恋を知らない聖剣の乙女は勇者の口づけに甘くほどける。
「怪我はしてないんだな?」

 びくともしない腕の中、こくこくと何度も頷き返す。
 そこでロランはようやくアメリを下に降ろした。

「じゃ、そういうわけでっ」

 人ごみに埋もれてしまおうと、アメリはロランから離れようとした。
 そこを引き留めるように、がっちり手首を掴まれる。

「どこに行くんだ」
「ここじゃないどこかに決まってるじゃないですかっ」

 とにかくロランから離れたかった。
 先ほどから、ロランファンに怨嗟の念を送られているように思えてならない。
 振り切ろうとした手を逆にロランに引っ張られ、ぽすりと厚い胸板に飛び込んだ。
 嫉妬交じりの嬌声が広がる中、そのまま手を引いてロランは進み出す。

「あの、勇者、どこへ……」
「人だかりを抜けるところまで連れていく」
「でも……」

 抵抗するように足を突っ張ると、ロランはムッとした様子で振り向いた。

「今日の主役は聖剣の乙女、君なんだ。

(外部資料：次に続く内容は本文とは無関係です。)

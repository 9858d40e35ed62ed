-- ===== src/Examples/Runs.antt =====
-- What a run of the handlers on tables in memory computes with.
use feature_flags.Store.Compare.{same_json}
use feature_flags.Store.Sorting.{sort_rows, insert_before}
use feature_flags.Api.Audit.{list_audit}
use feature_flags.App.Responses.{flag_out}
use feature_flags.App.Served.{serve}
use feature_flags.Store.Session.{get_session}
use feature_flags.App.Requests.{route, handle}
use feature_flags.Services.Credentials.{hash_key, generate}
use feature_flags.Api.Credentials.{revoke_credential, create_credential, list_credentials}
use feature_flags.Api.Segments.{
  get_segment_row, get_segment_config, dump_segment_rule, segment_config_out, apply_segment_update,
  save_segment_config, write_segment_config, update_segment_config, segment_clashes, create_segment,
  flushed_segment_config,
}
use feature_flags.Schemas.Credential.{load_credential_create}
use feature_flags.Schemas.Segment.{
  load_segment_rule, load_segment_config_update, load_segment_create,
}
use feature_flags.Schemas.FlagCreate.{load_variation, load_flag_create}
use feature_flags.Schemas.Catalog.{is_name, is_key, load_environment_create, load_project_create}
use feature_flags.Schemas.Limits.{weights_from, weights_sum_to_100k}
use feature_flags.Schemas.Dump.{
  dump_weighted_variation, dump_rollout, dump_clause, dump_choice, dump_fallthrough, dump_rule,
  dump_target, operator_text,
}
use feature_flags.Schemas.Load.{
  load_flag_config_update, operator_of, load_prerequisite, load_operator, load_clause,
  load_weighted_variation, load_rollout, load_choice, load_fallthrough, load_target, load_rule,
}
use feature_flags.Api.Flags.Config.{config_out, apply_update, flushed_config}
use feature_flags.Api.Flags.Indices.{
  check_weighted, check_choice, check_rules, check_targets, check, validate_indices,
}
use feature_flags.Services.Notify.{env_changed}
use feature_flags.Services.Audit.{record_audit}
use feature_flags.Api.Common.{get_segment, get_environment, get_flag, get_project}
use feature_flags.Api.Flags.Handlers.{
  get_one_flag, list_flags, add_defaults, flag_clashes, save_config, get_config, replace_config,
  update_flag_config, get_flag_config, create_flag,
}
use feature_flags.Api.Projects.{
  get_one_project, environment_clashes, project_clashes, create_environment, create_project,
}
use feature_flags.Base.Int.{◌+ℤ◌}
use feature_flags.Store.Memory.{find, scalar_in, select, live}

-- A proof that unfolds `runs` computes the handlers on tables in memory.
unfoldable pub runs : Unit {0}
unfolding create_project create_environment create_flag get_flag_config update_flag_config
    replace_config get_config save_config get_project get_flag get_environment project_clashes
    environment_clashes flag_clashes record_audit env_changed find scalar_in select live
    validate_indices apply_update config_out load_rule load_target load_fallthrough load_choice
    load_rollout load_weighted_variation load_clause load_operator load_prerequisite operator_of
    operator_text weights_sum_to_100k weights_from ◌+ℤ◌ dump_target dump_rule dump_fallthrough
    dump_choice dump_clause dump_rollout dump_weighted_variation check check_targets check_rules
    check_choice check_weighted add_defaults load_project_create load_environment_create
    load_flag_create load_variation is_key is_name load_segment_create load_segment_config_update
    load_segment_rule load_credential_create load_flag_config_update create_segment segment_clashes
    get_segment update_segment_config write_segment_config save_segment_config apply_segment_update
    segment_config_out dump_segment_rule create_credential revoke_credential generate hash_key
    handle route get_session serve flag_out list_flags list_audit sort_rows insert_before
    get_one_flag get_one_project get_segment_config get_segment_row list_credentials flushed_config
    flushed_segment_config same_json
runs = tt
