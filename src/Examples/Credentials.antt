-- ===== src/Examples/Credentials.antt =====
-- SDK credentials: a key that is issued and revoked, and the properties about it.
use feature_flags.Api.Parts.{PlaceOf}
use feature_flags.Api.Credentials.Grant.{create_credential_decided}
use feature_flags.Api.Common.{missing, is_environment}
use Prim.Native.String.{◌++◌ as ◌+++◌}
use feature_flags.App.Revocation.{serve-revoked}
use feature_flags.App.Served.{serve}
use feature_flags.Api.Credentials.Issue.{create_credential-Stored, Stored}
use feature_flags.Api.Projects.{project_of, environment_of}
use feature_flags.App.Requests.{Request}
use feature_flags.Schemas.Credential.{server}
use feature_flags.Examples.Data.{
  streaming, by_length, tables, strict, setup, production, with_revoked, with_flag, with_credential,
  context,
}
use feature_flags.Store.Session.{ok, err, Context, Server}
use feature_flags.Base.{◌⊎◌, refl, id_key, none, some, ◌≡◌, ◌∷◌, [], List}
use feature_flags.Models.{Project, environment_pk, credential_pk, SdkCredential, Environment}
use feature_flags.Api.Credentials.{
  credential_of, revoke_credential, create_credential, CredentialCreated,
}
use feature_flags.Examples.Runs.{runs}

abbrev issued_out : CredentialCreated
issued_out = record {
  id = 7;
  kind = server;
  key = "srv-production-salt";
  key_prefix = "srv-production-";
  created_at = 7;
  revoked_at = none;
}

issued :
    create_credential (context 7) "streaming" "production" (record { kind = server }) with_flag
    ≡ (ok issued_out, with_credential)
unfolding runs
issued = refl

create_credential-Stored_example :
    (project : Project) × (env : Environment) × PlaceOf "streaming" "production" project env
      with_credential.tables
    × Stored
        (context 7)
        "streaming"
        "production"
        (record { kind = server })
        with_credential
        issued_out
        env
create_credential-Stored_example =
    create_credential-Stored (context 7) "streaming" "production" (record { kind = server })
      with_flag issued

-- The row of the credential after it was revoked.
abbrev revoked_row : SdkCredential
revoked_row = record (credential_of (context 7) (environment_of (context 2) 1 production) server) {
  revoked_at = some 8;
}

revoked :
    revoke_credential (context 8) "streaming" "production" 7 with_credential
    ≡ (ok revoked_row, with_revoked)
unfolding runs
revoked = refl

abbrev at_rest : Server
at_rest = record { database = with_revoked.tables; delivered = [] }

abbrev revoke_twice : List (Context × Request)
revoke_twice = (context 12, Request.credential_revoke "streaming" "production" 7) ∷ setup

stored_revoked : tables.get {pk = credential_pk} 7 at_rest.credentials ≡ some revoked_row
unfolding runs
stored_revoked = refl

serve-revoked_example :
    tables.get {pk = credential_pk} 7 (serve by_length revoke_twice at_rest).credentials
    ≡ some revoked_row
serve-revoked_example =
    serve-revoked by_length revoke_twice at_rest 7 8 revoked_row stored_revoked refl

create_credential_decided_example :
    ((env : Environment) × (tables.scalar {pk = environment_pk}
          (is_environment 1 "production")
          with_flag.environments
        ≡ some env)
      × ((create_credential
            (context 7)
            "streaming"
            "production"
            (record { kind = server })
            with_flag).0
          ≡ ok (record {
            id = 7;
            kind = server;
            key_prefix = "srv" +++ "-" +++ env.key +++ "-";
            created_at = 7;
            revoked_at = none;
            key = ("srv" +++ "-" +++ env.key +++ "-") +++ "salt";
          })))
    ⊎ ((tables.scalar {pk = environment_pk} (is_environment 1 "production") with_flag.environments
          ≡ none)
        × (create_credential
              (context 7)
              "streaming"
              "production"
              (record { kind = server })
              with_flag
            ≡ (err (missing "environment" "production"), with_flag)))
unfolding runs
create_credential_decided_example =
    create_credential_decided (context 7) "streaming" "production" (record { kind = server })
      with_flag {project = project_of (context 1) streaming} refl refl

また迷子になるつもりか? これ以上困らせないでくれ」
「ごめ……なさい……」

 アメリの小さな謝罪の声は、聴衆のざわめきに掻き消される。
 不機嫌に歩き出したロランと手をつないだまま、アメリは俯き加減でついて行った。
 歩幅の広いロランに追いつけなくて、途中で小さくつんのめる。

「ごめんなさいっ」
「いや、俺が歩くのが早すぎた。すまない」

 ぶっきら棒に言うと、ロランはアメリの横に並んだ。
 ぎゅっと握られた手が熱い。

 冷たい態度とは裏腹に、そこからロランはアメリに合わせてゆっくりと歩いてくれた。